Deposition of Size-Selected Cu Nanoparticles by Inert Gas Condensation
1 Facultad de Ciencias Físico-Matemáticas, Universidad Autónoma de Nuevo León, San Nicolás de los Garza, Nuevo León, 66450, México
2 Centro de Innovación, Investigación y Desarrollo en Ingeniería y Tecnología, Laboratorio de Nanociencias y Nanotecnología (CIIDIT-UANL), PIIT Monterrey, Apodaca, NL, 66600, México
3 Centro de Investigación en Materiales Avanzados, S.C.(CIMAV), Av. Alianza Norte #202, Parque de Investigación e Innovación Tecnológica (PIIT), Nueva Carretera Aeropuerto Km. 10, Apodaca, Nuevo León, 66600, México
Nanoscale Research Letters 2009, 5:180-188 doi:10.1007/s11671-009-9462-zPublished: 6 November 2009
Nanometer size-selected Cu clusters in the size range of 1–5 nm have been produced by a plasma-gas-condensation-type cluster deposition apparatus, which combines a grow-discharge sputtering with an inert gas condensation technique.

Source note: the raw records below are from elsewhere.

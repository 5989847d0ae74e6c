-- ===== src/Alert/Scan/Entry.antt =====
-- One source of the scan tracker: its protocols and ports with the times of their last touch.
use ran.Base.{
  ℕ, ◌+◌, ◌≤◌, ◌<◌, Bool, true, false, ◌&&◌, ◌||◌, none, some, List, [], ◌∷◌, Bytes, Eq, nat_eq,
  bytes_Eq, lookup, insert, length, ltb, leb, if◌then◌else◌, ◌≡◌, refl, ◌∙◌, arith,
  lookup-insert_self, inl, inr, length-insert-le, Option-cases, ◌≢◌,
}
use ran.Fifo.Wf.Assoc.{IsMap, insert-IsMap, lookup-insert_ne, length-insert_old}

pub record ScanEntry : Type 0 where
  pub ip : Bytes
  pub last : ℕ
  pub touched : List (Bytes × ℕ)
  pub ports : List (ℕ × ℕ)

abbrev pub max_scan_ports : ℕ
max_scan_ports = 16

abbrev pub new_entry : Bytes → ScanEntry
new_entry ip = record { ip = ip; last = 0; touched = []; ports = [] }

-- `now.Sub(at) >= s.window`
abbrev pub is_past : ℕ → ℕ → ℕ → Bool
is_past window now at = leb (at + window) now

-- a loop of `TouchPort` that deletes the touches that are past
unfoldable pub expire {ℓ} : {K : Type ℓ} → ℕ → ℕ → List (K × ℕ) → List (K × ℕ)
expire window now [] = []
expire window now ((k, at) ∷ m) =
    let rest = expire window now m in if is_past window now at then rest else (k, at) ∷ rest

abbrev pub known : ℕ → List (ℕ × ℕ) → Bool
known port m = elim (lookup port m) [ none ↦ false | some _ ↦ true ]

unfoldable pub add_port : ℕ → ℕ → List (ℕ × ℕ) → List (ℕ × ℕ)
add_port port now m =
    if ltb 0 port && (known port m || ltb (length m) max_scan_ports) then insert port now m else m

unfoldable pub touch_entry : ℕ → Bytes → ℕ → ℕ → ScanEntry → ScanEntry
unfolding expire add_port
touch_entry window protocol port now e = record e {
  last = now;
  touched = expire window now (insert protocol now e.touched);
  ports = add_port port now (expire window now e.ports);
}

-- `live >= s.threshold || len(e.ports) >= s.portLimit`
unfoldable pub verdict : ℕ → ℕ → ScanEntry → Bool
verdict threshold port_limit e = leb threshold (length e.touched) || leb port_limit (length e.ports)

module _ {ℓ} {K : Type ℓ} ⦃eq : Eq K⦄ where
  expire-absent :
      (window now : ℕ) (k : K) (m : List (K × ℕ))
      → lookup k m ≡ none
      → lookup k (expire window now m) ≡ none
  unfolding expire lookup
  expire-absent window now k [] h = refl
  expire-absent window now k ((j, at) ∷ m) h = ground (arith, expire-absent window now k m)

  -- A touch is kept exactly while it is not past.
  pub lookup-expire :
      (window now : ℕ) (k : K) (at : ℕ) (m : List (K × ℕ))
      → IsMap m
      → lookup k m ≡ some at
      → lookup k (expire window now m) ≡ (if is_past window now at then none else some at)
  unfolding expire lookup
  lookup-expire window now k at [] w h = absurd (ground arith)
  lookup-expire window now k at ((j, t) ∷ m) w h =
      ground
        (arith, eq.beq_iff j k, lookup-expire window now k at m w.1, expire-absent window now k m)

  pub expire-IsMap : (window now : ℕ) (m : List (K × ℕ)) → IsMap m → IsMap (expire window now m)
  unfolding expire
  expire-IsMap window now [] w = tt
  expire-IsMap window now ((j, t) ∷ m) w =
      ground (arith, expire-IsMap window now m w.1, expire-absent window now j m)

  pub length-expire-le :
      (window now : ℕ) (m : List (K × ℕ)) → length (expire window now m) ≤ length m
  unfolding expire
  length-expire-le window now [] = omega arith
  length-expire-le window now ((j, t) ∷ m) = ground (arith, length-expire-le window now m)

-- The maps hold each key once, and there are no more ports than the bound.
pub record IsBounded (e : ScanEntry) : Type 0 where
  pub touched_map : IsMap e.touched
  pub ports_map : IsMap e.ports
  pub few_ports : length e.ports ≤ max_scan_ports

add_port_lem :
    (port now : ℕ) (m : List (ℕ × ℕ))
    → IsMap m
    → length m ≤ max_scan_ports
    → IsMap (add_port port now m) × (length (add_port port now m) ≤ max_scan_ports)
unfolding add_port
add_port_lem port now m w h = elim (Option-cases (lookup port m)) [
  | inl new ↦ ground (arith, insert-IsMap port now m w, length-insert-le port now m)
  | inr (at, old) ↦ ground (arith, insert-IsMap port now m w, length-insert_old port now at m old)
]

pub touch_entry-IsBounded :
    (window : ℕ) (protocol : Bytes) (port now : ℕ) (e : ScanEntry)
    → IsBounded e
    → IsBounded (touch_entry window protocol port now e)
unfolding touch_entry
touch_entry-IsBounded window protocol port now e b =
    let fresh = expire-IsMap window now e.ports b.ports_map in
    let few : length (expire window now e.ports) ≤ max_scan_ports =
      omega (arith, length-expire-le window now e.ports, b.few_ports) in
    let (m, f) = add_port_lem port now (expire window now e.ports) fresh few in
    record {
      touched_map =
          expire-IsMap window now (insert protocol now e.touched)
            (insert-IsMap protocol now e.touched b.touched_map);
      ports_map = m;
      few_ports = f;
    }

-- After a touch of a bounded entry with a positive window the protocol is recorded with the time of
-- the touch, and any other protocol that was recorded keeps the time it had exactly if that is
-- still in the window.
pub touch_entry-touched :
    (window : ℕ) (protocol p : Bytes) (port now at : ℕ) (e : ScanEntry)
    → IsBounded e
    → 0 < window
    → p ≢ protocol
    → lookup p e.touched ≡ some at
    → (lookup protocol (touch_entry window protocol port now e).touched ≡ some now)
      × (lookup p (touch_entry window protocol port now e).touched
          ≡ (if is_past window now at then none else some at))
unfolding touch_entry
touch_entry-touched window protocol p port now at e b pos ne h =
    let m = insert protocol now e.touched in
    let w = insert-IsMap protocol now e.touched b.touched_map in
    (
      lookup-expire window now protocol now m w (lookup-insert_self protocol now e.touched)
          ∙ ground arith,
      lookup-expire window now p at m w
          (lookup-insert_ne protocol p now e.touched (λ q. ne (ground arith)) ∙ h),
    )

-- A positive port that a touch leaves unrecorded cannot hide a scan: with a limit of at most
-- sixteen ports, the source is a scanner already.
pub touch_entry-skipped :
    (window : ℕ) (protocol : Bytes) (port now threshold port_limit : ℕ) (e : ScanEntry)
    → 0 < port
    → port_limit ≤ max_scan_ports
    → lookup port (touch_entry window protocol port now e).ports ≡ none
    → verdict threshold port_limit (touch_entry window protocol port now e) ≡ true
unfolding touch_entry verdict add_port
touch_entry-skipped window protocol port now threshold port_limit e pos small h =
    ground (arith, lookup-insert_self port now (expire window now e.ports))
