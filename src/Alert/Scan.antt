-- ===== src/Alert/Scan.antt =====
-- internal/alert/scan.go: sources that touch several protocols or ports in a short time.
pub mod Entry
pub mod Bounds
use ran.Alert.Scan.Entry.{ScanEntry, new_entry, touch_entry, verdict}
use ran.Base.{
  ℕ, zero, suc, ◌+◌, Bool, true, false, Option, none, some, List, [], ◌∷◌, Bytes, ltb, leb,
  if◌then◌else◌, ◌*◌,
}
use ran.Fifo
use ran.Fifo.{Fifo}

pub record ScanTracker : Type 0 where
  pub entries : Fifo ScanEntry
  pub window : ℕ
  pub threshold : ℕ
  pub port_limit : ℕ
  pub max_entries : ℕ

abbrev pub scan_protocols : ℕ
scan_protocols = 3

abbrev pub scan_ports : ℕ
scan_ports = 5

-- ten minutes, in nanoseconds
abbrev pub scan_window : ℕ
scan_window = 10 * 60_000_000_000

abbrev pub new_scan_tracker : ℕ → ℕ → ℕ → ScanTracker
new_scan_tracker window threshold max_entries = record {
  entries = Fifo.empty;
  window = window;
  threshold = threshold;
  port_limit = scan_ports;
  max_entries = max_entries;
}

-- `remove`
unfoldable pub drop_entry : ℕ → ScanEntry → ScanTracker → ScanTracker
drop_entry i e s = record s { entries = Fifo.remove e.ip i s.entries }

-- the loop of `sweepFront`, on fuel: each round takes the front element away
unfoldable pub sweep_front : ℕ → ℕ → ScanTracker → ScanTracker
unfolding drop_entry
sweep_front zero now s = s
sweep_front (suc fuel) now s = elim (Fifo.front s.entries) [
  | none ↦ s
  | some (i, e) ↦ elim (ltb now (e.last + s.window)) [
    | true ↦ s
    | false ↦ sweep_front fuel now (drop_entry i e s)
  ]
]

-- the room that `TouchPort` makes for a new source in a full table
unfoldable pub make_room : ℕ → ScanTracker → ScanTracker
unfolding sweep_front drop_entry
make_room now s =
    let s' = sweep_front (Fifo.size s.entries) now s in
    if leb s'.max_entries (Fifo.size s'.entries)
    then elim (Fifo.front s'.entries) [ none ↦ s' | some (i, e) ↦ drop_entry i e s' ]
    else s'

unfoldable pub with_room : ℕ → ScanTracker → ScanTracker
unfolding make_room
with_room now s = if leb s.max_entries (Fifo.size s.entries) then make_room now s else s

-- the source's element, made if there is none
unfoldable pub entry_for :
    Bytes → ℕ → Option (ℕ × ScanEntry) → ScanTracker → ScanTracker × ℕ × ScanEntry
unfolding with_room
entry_for ip now (some (i, e)) s = (s, i, e)
entry_for ip now none s =
    let s' = with_room now s in
    (
      record s' { entries = Fifo.push_back ip (new_entry ip) s'.entries },
      s'.entries.next,
      new_entry ip,
    )

unfoldable pub touch_port : Bytes → Bytes → ℕ → ℕ → ScanTracker → ScanTracker × Bool
unfolding entry_for touch_entry verdict
touch_port ip protocol port now s =
    let (s', i, e) = entry_for ip now (Fifo.find ip s.entries) s in
    let e' = touch_entry s'.window protocol port now e in
    (
      record s' { entries = Fifo.move_to_back i e' (Fifo.assign i e' s'.entries) },
      verdict s'.threshold s'.port_limit e',
    )

-- `Touch`
unfoldable pub touch : Bytes → Bytes → ℕ → ScanTracker → ScanTracker × Bool
unfolding touch_port
touch ip protocol = touch_port ip protocol 0

unfoldable pub cleanup : ℕ → ScanTracker → ScanTracker
unfolding sweep_front
cleanup now s = sweep_front (Fifo.size s.entries) now s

With this method, by controlling the experimental conditions, it was possible to produce nanoparticles with a strict control in size. The structure and size of Cu nanoparticles were determined by mass spectroscopy and confirmed by atomic force microscopy (AFM) and scanning electron transmission microscopy (STEM) measurements. In order to preserve the structural and morphological properties, the energy of cluster impact was controlled; the energy of acceleration of the nanoparticles was in near values at 0.1 ev/atom for being in soft landing regime. From SEM measurements developed in STEM-HAADF mode, we found that nanoparticles are near sized to those values fixed experimentally also confirmed by AFM observations. The results are relevant, since it demonstrates that proper optimization of operation conditions can lead to desired cluster sizes as well as desired cluster size distributions. It was also demonstrated the efficiency of the method to obtain size-selected Cu clusters films, as a random stacking of nanometer-size crystallites assembly. The deposition of size-selected metal clusters represents a novel method of preparing Cu nanostructures, with high potential in optical and catalytic applications.